## Requirement
Return, from the data that follows, each line that holds the word "antt".

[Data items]
-- Opening Marker --

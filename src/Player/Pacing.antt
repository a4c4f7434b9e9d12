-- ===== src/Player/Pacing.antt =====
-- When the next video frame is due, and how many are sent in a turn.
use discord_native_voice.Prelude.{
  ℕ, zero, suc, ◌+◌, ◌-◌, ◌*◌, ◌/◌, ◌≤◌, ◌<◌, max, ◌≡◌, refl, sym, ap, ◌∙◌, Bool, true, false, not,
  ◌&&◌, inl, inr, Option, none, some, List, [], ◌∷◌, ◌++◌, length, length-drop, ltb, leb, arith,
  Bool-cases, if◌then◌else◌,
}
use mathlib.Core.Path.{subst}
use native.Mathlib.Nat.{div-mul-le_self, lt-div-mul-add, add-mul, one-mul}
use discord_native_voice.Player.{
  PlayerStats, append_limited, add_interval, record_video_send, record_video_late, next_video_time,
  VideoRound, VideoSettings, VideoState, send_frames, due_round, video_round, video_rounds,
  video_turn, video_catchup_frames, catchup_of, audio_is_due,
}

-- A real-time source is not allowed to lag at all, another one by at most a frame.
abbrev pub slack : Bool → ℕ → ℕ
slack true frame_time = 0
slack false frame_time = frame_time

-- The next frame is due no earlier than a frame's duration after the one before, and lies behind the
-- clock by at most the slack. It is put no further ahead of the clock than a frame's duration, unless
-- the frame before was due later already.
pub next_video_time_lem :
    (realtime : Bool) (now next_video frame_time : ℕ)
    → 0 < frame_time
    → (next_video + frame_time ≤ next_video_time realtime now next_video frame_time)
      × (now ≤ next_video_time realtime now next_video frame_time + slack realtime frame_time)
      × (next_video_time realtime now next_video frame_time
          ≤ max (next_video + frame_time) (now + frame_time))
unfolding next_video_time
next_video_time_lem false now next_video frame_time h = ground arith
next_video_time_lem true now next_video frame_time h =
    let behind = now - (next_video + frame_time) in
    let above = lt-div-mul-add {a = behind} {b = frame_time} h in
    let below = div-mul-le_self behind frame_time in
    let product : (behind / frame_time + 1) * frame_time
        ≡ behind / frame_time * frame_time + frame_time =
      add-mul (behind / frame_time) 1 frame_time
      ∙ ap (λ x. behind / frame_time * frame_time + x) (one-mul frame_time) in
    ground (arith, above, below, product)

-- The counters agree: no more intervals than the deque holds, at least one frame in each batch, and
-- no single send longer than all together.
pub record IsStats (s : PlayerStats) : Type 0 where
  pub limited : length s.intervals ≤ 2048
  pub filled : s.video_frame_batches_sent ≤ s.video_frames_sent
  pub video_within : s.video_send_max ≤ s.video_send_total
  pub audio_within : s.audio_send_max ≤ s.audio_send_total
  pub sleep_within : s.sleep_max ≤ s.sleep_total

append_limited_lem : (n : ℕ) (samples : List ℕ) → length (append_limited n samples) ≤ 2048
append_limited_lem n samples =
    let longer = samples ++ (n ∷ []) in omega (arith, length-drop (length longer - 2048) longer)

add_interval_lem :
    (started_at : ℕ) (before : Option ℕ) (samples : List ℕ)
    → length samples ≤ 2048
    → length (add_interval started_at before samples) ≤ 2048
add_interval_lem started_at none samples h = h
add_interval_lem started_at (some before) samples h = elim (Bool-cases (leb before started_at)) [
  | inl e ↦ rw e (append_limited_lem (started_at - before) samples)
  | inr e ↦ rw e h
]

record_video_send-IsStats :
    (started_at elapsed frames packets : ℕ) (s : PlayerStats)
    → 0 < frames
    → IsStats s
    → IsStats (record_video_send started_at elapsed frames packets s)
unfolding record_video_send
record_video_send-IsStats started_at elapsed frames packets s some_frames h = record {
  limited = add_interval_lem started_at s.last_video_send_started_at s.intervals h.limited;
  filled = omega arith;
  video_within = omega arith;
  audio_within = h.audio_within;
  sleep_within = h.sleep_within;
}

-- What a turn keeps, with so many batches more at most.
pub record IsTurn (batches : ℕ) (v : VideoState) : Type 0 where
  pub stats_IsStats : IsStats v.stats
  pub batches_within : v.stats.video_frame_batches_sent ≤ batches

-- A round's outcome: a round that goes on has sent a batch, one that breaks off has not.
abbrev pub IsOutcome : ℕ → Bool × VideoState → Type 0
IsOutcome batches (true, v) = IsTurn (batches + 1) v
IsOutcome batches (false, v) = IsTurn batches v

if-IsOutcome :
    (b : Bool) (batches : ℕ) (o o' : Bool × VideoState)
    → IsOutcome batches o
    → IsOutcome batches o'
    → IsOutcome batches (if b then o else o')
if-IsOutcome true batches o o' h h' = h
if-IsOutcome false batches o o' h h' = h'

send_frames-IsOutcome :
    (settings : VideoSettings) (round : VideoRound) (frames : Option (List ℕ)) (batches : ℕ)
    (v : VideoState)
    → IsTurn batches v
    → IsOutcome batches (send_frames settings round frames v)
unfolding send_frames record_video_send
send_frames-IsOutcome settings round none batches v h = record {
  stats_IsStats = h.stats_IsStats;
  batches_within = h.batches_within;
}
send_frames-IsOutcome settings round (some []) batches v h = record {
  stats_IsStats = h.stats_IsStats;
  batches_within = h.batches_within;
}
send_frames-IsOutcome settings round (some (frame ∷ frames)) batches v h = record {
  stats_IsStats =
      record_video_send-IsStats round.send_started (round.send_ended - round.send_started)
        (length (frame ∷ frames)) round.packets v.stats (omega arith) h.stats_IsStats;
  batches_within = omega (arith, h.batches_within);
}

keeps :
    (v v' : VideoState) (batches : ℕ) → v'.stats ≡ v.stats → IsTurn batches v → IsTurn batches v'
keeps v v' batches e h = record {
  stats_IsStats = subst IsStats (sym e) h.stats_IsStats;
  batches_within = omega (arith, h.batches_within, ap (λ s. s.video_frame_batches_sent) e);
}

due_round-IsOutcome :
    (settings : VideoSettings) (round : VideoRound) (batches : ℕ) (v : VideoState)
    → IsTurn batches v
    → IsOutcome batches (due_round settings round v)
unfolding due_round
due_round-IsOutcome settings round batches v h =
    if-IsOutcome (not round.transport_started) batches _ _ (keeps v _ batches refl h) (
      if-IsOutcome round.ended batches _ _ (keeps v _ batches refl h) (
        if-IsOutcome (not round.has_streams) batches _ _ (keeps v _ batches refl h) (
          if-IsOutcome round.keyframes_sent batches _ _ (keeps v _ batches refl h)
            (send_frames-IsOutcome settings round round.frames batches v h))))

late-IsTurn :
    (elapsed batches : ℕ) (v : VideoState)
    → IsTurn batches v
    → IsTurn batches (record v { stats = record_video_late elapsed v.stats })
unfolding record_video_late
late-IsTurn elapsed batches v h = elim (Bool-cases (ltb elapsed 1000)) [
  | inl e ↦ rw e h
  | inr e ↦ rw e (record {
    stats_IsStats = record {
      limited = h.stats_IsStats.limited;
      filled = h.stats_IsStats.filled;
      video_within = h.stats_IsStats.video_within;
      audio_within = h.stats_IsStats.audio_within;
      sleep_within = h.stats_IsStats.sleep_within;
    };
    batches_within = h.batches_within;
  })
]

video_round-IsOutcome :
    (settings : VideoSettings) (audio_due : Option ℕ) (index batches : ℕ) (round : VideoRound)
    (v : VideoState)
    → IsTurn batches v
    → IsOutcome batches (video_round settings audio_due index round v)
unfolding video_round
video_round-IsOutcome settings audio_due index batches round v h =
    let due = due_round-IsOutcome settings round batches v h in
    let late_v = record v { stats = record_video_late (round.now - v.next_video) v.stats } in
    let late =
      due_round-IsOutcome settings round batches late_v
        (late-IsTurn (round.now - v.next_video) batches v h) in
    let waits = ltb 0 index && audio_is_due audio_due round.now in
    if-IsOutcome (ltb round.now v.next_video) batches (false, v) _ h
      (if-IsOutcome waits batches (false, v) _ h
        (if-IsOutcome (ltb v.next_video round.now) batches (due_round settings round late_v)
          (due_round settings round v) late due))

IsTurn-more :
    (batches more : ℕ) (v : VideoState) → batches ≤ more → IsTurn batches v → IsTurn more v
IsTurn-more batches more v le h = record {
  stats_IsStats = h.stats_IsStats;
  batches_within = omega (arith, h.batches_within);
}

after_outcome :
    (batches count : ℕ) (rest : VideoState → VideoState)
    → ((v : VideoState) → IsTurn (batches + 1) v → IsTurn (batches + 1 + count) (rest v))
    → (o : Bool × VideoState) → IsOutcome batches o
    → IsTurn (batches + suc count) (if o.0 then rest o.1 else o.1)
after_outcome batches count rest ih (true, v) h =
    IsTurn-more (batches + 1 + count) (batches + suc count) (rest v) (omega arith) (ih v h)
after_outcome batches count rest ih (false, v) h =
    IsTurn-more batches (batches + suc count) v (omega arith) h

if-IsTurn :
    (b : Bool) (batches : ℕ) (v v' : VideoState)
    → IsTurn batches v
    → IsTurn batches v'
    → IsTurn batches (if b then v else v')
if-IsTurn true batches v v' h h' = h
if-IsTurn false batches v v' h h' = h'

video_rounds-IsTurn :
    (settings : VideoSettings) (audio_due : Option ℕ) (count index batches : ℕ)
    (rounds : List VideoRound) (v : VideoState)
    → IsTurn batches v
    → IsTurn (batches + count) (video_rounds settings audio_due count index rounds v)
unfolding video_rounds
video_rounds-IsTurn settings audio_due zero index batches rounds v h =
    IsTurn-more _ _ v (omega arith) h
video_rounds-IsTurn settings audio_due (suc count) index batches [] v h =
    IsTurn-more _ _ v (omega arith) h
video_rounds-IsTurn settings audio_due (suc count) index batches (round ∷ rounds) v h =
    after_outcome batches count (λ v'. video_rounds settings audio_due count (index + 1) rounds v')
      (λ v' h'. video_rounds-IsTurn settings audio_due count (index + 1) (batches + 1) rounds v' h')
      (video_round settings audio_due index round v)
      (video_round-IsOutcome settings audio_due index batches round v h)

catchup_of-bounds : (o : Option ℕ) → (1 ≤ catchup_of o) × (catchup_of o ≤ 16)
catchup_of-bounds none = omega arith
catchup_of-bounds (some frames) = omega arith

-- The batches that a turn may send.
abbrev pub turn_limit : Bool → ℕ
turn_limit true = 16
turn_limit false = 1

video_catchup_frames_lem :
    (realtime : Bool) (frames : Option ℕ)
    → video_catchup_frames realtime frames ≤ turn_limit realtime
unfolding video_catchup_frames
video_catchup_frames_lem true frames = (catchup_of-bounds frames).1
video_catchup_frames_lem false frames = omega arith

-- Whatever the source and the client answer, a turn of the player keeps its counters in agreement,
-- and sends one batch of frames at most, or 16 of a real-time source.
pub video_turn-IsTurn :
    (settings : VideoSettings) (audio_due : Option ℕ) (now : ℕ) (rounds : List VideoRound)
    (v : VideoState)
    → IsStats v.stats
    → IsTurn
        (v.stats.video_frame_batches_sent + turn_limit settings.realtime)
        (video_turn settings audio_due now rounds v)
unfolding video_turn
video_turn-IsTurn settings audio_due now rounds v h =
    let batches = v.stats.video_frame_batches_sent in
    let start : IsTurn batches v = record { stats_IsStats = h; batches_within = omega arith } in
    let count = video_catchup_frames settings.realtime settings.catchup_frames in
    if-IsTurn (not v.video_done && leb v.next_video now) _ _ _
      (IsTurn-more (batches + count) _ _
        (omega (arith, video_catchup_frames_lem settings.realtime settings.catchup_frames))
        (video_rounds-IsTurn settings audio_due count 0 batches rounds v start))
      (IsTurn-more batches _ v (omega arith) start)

-- Closing Marker --

## Your solution
filename src/Player/Pacing.antt
-- ===== src/Player/Pacing.antt =====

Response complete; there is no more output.